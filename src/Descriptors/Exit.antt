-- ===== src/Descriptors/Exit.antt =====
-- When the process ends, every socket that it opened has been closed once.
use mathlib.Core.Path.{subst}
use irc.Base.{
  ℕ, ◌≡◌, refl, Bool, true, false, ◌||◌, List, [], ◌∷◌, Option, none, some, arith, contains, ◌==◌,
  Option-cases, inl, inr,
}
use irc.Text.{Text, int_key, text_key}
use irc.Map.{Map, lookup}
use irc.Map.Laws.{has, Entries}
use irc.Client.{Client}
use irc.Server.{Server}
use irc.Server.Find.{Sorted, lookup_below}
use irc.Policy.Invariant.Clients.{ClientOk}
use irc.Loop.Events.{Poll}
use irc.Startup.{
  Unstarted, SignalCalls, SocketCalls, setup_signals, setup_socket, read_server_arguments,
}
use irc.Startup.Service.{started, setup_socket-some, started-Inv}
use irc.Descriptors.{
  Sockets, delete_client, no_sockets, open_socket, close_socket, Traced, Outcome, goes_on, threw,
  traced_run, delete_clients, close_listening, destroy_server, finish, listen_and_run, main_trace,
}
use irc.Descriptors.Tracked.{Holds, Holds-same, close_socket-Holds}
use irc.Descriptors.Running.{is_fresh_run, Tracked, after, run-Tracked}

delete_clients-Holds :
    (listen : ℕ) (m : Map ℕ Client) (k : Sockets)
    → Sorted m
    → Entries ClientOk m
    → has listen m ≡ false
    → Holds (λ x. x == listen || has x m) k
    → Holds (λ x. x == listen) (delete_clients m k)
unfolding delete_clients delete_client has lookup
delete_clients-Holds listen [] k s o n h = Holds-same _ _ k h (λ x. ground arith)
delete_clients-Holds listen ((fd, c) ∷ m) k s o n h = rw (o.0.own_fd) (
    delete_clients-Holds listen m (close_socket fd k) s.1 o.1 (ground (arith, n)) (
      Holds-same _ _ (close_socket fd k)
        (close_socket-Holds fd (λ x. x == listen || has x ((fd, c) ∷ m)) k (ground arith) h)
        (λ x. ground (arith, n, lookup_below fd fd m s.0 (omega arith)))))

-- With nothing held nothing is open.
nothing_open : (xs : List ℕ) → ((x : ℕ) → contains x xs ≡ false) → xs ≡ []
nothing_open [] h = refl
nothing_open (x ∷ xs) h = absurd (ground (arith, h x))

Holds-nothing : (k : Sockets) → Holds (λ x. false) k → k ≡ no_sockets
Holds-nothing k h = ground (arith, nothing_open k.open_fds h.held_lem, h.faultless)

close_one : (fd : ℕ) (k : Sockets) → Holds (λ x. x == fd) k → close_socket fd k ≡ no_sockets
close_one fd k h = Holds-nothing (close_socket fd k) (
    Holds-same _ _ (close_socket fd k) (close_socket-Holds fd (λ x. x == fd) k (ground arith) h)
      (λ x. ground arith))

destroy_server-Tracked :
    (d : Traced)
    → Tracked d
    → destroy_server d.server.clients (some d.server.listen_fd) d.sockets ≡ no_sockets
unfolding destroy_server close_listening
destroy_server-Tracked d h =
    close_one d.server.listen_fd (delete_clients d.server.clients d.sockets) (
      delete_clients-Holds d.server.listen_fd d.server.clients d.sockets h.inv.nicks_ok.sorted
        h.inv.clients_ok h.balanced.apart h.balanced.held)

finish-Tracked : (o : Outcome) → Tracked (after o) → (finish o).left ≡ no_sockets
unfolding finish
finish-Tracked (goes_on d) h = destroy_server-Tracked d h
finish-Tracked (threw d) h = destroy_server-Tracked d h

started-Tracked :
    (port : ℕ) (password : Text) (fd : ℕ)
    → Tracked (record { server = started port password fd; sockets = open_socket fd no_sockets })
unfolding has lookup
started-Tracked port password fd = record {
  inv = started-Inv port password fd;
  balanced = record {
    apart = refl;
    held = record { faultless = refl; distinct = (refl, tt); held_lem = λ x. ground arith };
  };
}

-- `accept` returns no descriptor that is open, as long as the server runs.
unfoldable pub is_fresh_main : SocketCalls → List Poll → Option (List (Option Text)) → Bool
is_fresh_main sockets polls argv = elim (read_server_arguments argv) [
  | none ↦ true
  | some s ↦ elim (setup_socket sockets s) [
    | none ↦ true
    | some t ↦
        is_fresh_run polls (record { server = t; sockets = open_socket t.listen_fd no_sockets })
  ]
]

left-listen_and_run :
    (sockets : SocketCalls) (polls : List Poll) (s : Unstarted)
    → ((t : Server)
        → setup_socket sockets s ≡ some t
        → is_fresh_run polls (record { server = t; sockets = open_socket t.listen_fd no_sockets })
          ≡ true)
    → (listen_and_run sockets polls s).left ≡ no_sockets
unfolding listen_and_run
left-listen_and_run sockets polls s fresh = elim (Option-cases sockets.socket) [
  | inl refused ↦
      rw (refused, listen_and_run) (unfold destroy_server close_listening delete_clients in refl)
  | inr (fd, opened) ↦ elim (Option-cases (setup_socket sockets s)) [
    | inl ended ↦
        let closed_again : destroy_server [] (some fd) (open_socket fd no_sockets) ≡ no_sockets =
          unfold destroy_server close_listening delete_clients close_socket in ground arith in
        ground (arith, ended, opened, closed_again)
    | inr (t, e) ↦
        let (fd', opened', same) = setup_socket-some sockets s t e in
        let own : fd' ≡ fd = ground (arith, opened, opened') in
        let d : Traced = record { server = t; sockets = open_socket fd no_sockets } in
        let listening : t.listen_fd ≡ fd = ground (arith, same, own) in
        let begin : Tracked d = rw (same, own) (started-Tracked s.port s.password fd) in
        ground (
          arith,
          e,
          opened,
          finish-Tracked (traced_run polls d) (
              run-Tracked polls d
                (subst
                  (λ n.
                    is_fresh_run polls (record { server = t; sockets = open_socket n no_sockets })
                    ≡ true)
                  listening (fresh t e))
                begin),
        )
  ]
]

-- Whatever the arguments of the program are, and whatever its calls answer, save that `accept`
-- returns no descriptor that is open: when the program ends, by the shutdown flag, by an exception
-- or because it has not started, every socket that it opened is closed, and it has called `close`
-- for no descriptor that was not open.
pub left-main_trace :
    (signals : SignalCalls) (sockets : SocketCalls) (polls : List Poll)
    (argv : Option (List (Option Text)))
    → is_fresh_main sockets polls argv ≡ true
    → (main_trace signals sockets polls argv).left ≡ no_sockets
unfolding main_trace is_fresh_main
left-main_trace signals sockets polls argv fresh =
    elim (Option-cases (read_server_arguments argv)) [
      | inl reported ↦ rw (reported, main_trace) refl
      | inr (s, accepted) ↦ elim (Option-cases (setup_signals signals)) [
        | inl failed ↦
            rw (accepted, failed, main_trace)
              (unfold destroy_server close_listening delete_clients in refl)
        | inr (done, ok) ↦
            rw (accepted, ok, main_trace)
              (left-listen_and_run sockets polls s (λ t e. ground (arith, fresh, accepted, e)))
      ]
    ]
...
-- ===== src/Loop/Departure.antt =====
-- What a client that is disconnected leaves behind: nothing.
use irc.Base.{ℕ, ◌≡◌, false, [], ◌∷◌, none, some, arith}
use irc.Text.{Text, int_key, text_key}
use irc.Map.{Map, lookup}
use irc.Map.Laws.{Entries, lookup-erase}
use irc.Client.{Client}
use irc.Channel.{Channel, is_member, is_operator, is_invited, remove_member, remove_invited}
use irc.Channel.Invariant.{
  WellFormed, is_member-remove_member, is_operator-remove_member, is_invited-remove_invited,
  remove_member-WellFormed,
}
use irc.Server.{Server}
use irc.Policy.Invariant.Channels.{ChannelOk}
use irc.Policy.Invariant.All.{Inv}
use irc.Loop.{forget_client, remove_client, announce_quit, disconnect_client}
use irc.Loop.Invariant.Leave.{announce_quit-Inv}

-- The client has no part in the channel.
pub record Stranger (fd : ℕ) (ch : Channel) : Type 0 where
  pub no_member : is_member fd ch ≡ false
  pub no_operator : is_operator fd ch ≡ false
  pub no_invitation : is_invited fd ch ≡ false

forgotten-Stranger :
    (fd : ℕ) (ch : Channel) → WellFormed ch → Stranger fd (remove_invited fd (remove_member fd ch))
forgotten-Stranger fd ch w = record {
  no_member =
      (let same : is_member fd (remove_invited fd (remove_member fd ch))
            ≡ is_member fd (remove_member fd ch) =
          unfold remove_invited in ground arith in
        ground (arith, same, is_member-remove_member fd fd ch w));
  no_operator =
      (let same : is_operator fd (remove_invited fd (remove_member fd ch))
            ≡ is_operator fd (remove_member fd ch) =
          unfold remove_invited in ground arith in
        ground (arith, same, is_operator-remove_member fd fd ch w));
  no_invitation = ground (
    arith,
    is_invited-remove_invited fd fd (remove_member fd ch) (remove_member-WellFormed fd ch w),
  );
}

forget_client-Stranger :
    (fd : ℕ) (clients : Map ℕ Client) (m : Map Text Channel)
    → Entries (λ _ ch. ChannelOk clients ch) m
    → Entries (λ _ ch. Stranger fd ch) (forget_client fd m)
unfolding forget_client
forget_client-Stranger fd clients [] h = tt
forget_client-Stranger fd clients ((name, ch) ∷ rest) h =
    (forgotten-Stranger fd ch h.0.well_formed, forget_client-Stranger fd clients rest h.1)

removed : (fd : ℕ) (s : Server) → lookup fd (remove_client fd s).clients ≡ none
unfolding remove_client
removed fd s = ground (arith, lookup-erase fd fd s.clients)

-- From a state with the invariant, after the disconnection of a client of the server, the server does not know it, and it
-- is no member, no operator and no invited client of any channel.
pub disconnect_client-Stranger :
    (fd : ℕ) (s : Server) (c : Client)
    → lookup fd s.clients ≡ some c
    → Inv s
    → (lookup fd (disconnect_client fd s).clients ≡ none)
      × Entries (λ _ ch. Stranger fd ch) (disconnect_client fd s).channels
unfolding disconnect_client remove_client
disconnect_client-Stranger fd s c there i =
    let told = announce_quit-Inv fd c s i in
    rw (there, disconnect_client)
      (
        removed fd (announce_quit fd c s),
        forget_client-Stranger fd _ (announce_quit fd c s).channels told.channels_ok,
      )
---
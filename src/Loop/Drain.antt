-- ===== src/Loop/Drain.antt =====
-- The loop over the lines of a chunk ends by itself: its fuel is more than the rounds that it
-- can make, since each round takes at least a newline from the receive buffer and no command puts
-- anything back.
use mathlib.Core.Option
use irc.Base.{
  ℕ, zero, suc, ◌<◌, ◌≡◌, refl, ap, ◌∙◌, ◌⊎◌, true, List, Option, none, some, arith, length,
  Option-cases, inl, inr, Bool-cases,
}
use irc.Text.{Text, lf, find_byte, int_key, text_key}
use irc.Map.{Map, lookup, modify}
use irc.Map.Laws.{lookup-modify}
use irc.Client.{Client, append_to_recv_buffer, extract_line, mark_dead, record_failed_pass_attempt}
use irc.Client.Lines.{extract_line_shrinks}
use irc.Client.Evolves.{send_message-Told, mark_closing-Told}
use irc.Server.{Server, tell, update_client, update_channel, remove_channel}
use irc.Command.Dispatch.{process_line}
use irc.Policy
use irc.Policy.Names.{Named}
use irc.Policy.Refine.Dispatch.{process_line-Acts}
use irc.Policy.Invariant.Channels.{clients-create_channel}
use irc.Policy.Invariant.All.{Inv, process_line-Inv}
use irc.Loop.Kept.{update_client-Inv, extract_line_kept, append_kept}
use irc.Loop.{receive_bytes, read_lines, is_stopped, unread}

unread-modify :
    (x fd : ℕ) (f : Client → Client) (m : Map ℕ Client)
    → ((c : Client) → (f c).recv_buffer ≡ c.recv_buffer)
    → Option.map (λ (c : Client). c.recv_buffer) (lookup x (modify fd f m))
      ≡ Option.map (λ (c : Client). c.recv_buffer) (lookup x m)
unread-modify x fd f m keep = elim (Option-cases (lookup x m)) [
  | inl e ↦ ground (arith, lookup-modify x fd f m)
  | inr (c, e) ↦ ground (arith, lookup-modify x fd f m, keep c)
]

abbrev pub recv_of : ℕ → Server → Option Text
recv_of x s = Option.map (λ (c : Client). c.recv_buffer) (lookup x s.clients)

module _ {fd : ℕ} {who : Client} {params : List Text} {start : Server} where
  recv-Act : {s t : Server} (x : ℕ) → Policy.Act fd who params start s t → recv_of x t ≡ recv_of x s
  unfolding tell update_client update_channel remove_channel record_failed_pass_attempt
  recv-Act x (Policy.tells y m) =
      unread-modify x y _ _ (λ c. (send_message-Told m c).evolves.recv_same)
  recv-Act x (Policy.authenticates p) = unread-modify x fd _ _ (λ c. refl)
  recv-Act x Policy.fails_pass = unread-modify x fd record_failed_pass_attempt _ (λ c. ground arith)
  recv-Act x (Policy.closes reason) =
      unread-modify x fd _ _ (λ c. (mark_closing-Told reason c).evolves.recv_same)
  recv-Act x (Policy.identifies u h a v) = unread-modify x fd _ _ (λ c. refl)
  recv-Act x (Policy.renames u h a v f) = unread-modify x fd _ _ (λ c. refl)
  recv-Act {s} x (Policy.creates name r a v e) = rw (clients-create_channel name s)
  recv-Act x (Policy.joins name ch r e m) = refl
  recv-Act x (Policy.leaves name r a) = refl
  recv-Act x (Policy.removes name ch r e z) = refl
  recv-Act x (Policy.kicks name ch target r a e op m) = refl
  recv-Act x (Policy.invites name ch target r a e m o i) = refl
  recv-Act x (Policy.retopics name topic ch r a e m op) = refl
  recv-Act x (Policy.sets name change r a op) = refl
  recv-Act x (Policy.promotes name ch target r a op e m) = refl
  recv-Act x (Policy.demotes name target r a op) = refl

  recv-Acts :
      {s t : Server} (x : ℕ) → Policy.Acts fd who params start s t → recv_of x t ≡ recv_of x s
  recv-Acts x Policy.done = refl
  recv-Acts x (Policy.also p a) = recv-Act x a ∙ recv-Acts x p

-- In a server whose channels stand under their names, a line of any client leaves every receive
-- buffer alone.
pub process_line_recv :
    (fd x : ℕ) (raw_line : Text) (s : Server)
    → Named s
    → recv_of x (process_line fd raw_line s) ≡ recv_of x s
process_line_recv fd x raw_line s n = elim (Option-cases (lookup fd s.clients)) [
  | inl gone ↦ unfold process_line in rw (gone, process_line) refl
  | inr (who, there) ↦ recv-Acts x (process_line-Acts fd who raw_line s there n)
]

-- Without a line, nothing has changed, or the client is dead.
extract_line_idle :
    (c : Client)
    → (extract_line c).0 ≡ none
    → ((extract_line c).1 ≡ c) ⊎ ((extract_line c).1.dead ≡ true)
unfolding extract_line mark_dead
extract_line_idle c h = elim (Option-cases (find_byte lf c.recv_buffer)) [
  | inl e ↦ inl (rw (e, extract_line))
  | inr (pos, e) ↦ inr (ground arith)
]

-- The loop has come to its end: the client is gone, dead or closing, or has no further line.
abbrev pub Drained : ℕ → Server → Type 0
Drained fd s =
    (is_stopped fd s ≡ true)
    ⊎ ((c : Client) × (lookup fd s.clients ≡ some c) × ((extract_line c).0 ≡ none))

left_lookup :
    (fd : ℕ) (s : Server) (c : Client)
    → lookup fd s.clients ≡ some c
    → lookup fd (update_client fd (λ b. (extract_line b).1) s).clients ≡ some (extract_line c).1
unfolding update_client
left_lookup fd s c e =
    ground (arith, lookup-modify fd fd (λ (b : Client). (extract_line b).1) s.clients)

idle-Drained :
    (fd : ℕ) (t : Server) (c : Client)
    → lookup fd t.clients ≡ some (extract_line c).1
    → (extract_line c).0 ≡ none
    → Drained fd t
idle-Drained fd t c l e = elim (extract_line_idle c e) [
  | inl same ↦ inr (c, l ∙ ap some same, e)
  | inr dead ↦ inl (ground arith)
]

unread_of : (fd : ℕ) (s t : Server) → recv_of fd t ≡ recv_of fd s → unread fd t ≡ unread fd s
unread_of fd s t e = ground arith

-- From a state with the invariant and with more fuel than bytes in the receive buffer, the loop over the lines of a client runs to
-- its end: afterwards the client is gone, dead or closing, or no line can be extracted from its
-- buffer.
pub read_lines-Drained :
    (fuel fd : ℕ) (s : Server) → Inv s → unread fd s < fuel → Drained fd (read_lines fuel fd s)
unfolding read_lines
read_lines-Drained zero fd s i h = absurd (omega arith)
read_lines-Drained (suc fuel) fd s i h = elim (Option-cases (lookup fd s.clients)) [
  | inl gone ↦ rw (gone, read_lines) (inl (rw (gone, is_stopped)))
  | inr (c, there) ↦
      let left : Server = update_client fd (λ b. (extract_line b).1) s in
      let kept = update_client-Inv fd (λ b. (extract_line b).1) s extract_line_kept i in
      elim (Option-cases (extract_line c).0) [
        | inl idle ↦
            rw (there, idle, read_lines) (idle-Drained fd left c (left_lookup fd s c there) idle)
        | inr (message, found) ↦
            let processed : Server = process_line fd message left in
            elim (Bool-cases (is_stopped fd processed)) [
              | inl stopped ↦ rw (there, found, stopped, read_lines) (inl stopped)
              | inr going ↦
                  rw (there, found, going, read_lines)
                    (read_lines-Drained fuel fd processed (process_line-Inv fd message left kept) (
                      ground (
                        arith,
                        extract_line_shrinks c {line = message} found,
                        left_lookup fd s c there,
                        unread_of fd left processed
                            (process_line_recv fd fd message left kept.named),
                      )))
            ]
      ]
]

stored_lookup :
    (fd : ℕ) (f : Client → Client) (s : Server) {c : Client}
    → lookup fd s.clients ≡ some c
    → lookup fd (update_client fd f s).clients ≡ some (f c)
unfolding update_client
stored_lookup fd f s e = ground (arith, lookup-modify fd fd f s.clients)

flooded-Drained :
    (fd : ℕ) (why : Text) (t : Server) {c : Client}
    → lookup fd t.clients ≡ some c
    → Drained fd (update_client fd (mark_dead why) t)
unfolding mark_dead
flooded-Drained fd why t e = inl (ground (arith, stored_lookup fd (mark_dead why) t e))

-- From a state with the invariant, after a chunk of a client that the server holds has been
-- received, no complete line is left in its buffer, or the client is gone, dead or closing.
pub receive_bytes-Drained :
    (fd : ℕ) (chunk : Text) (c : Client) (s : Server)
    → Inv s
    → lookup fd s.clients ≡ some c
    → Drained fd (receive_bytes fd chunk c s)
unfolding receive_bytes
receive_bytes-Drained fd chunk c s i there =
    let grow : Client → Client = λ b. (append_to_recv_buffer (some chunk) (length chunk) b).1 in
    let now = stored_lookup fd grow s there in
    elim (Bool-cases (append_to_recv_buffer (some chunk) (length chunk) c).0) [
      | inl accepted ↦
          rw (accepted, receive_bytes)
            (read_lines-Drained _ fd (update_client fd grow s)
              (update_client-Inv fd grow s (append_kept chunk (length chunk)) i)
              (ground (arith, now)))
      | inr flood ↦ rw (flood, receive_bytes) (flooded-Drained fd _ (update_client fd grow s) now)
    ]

Instructions for the task: Wherever the word "gone" appears in a line of the data above, copy that line.

Completed task:
  | inl gone ↦ unfold process_line in rw (gone, process_line) refl
-- The loop has come to its end: the client is gone, dead or closing, or has no further line.
-- its end: afterwards the client is gone, dead or closing, or no line can be extracted from its
  | inl gone ↦ rw (gone, read_lines) (inl (rw (gone, is_stopped)))
-- received, no complete line is left in its buffer, or the client is gone, dead or closing.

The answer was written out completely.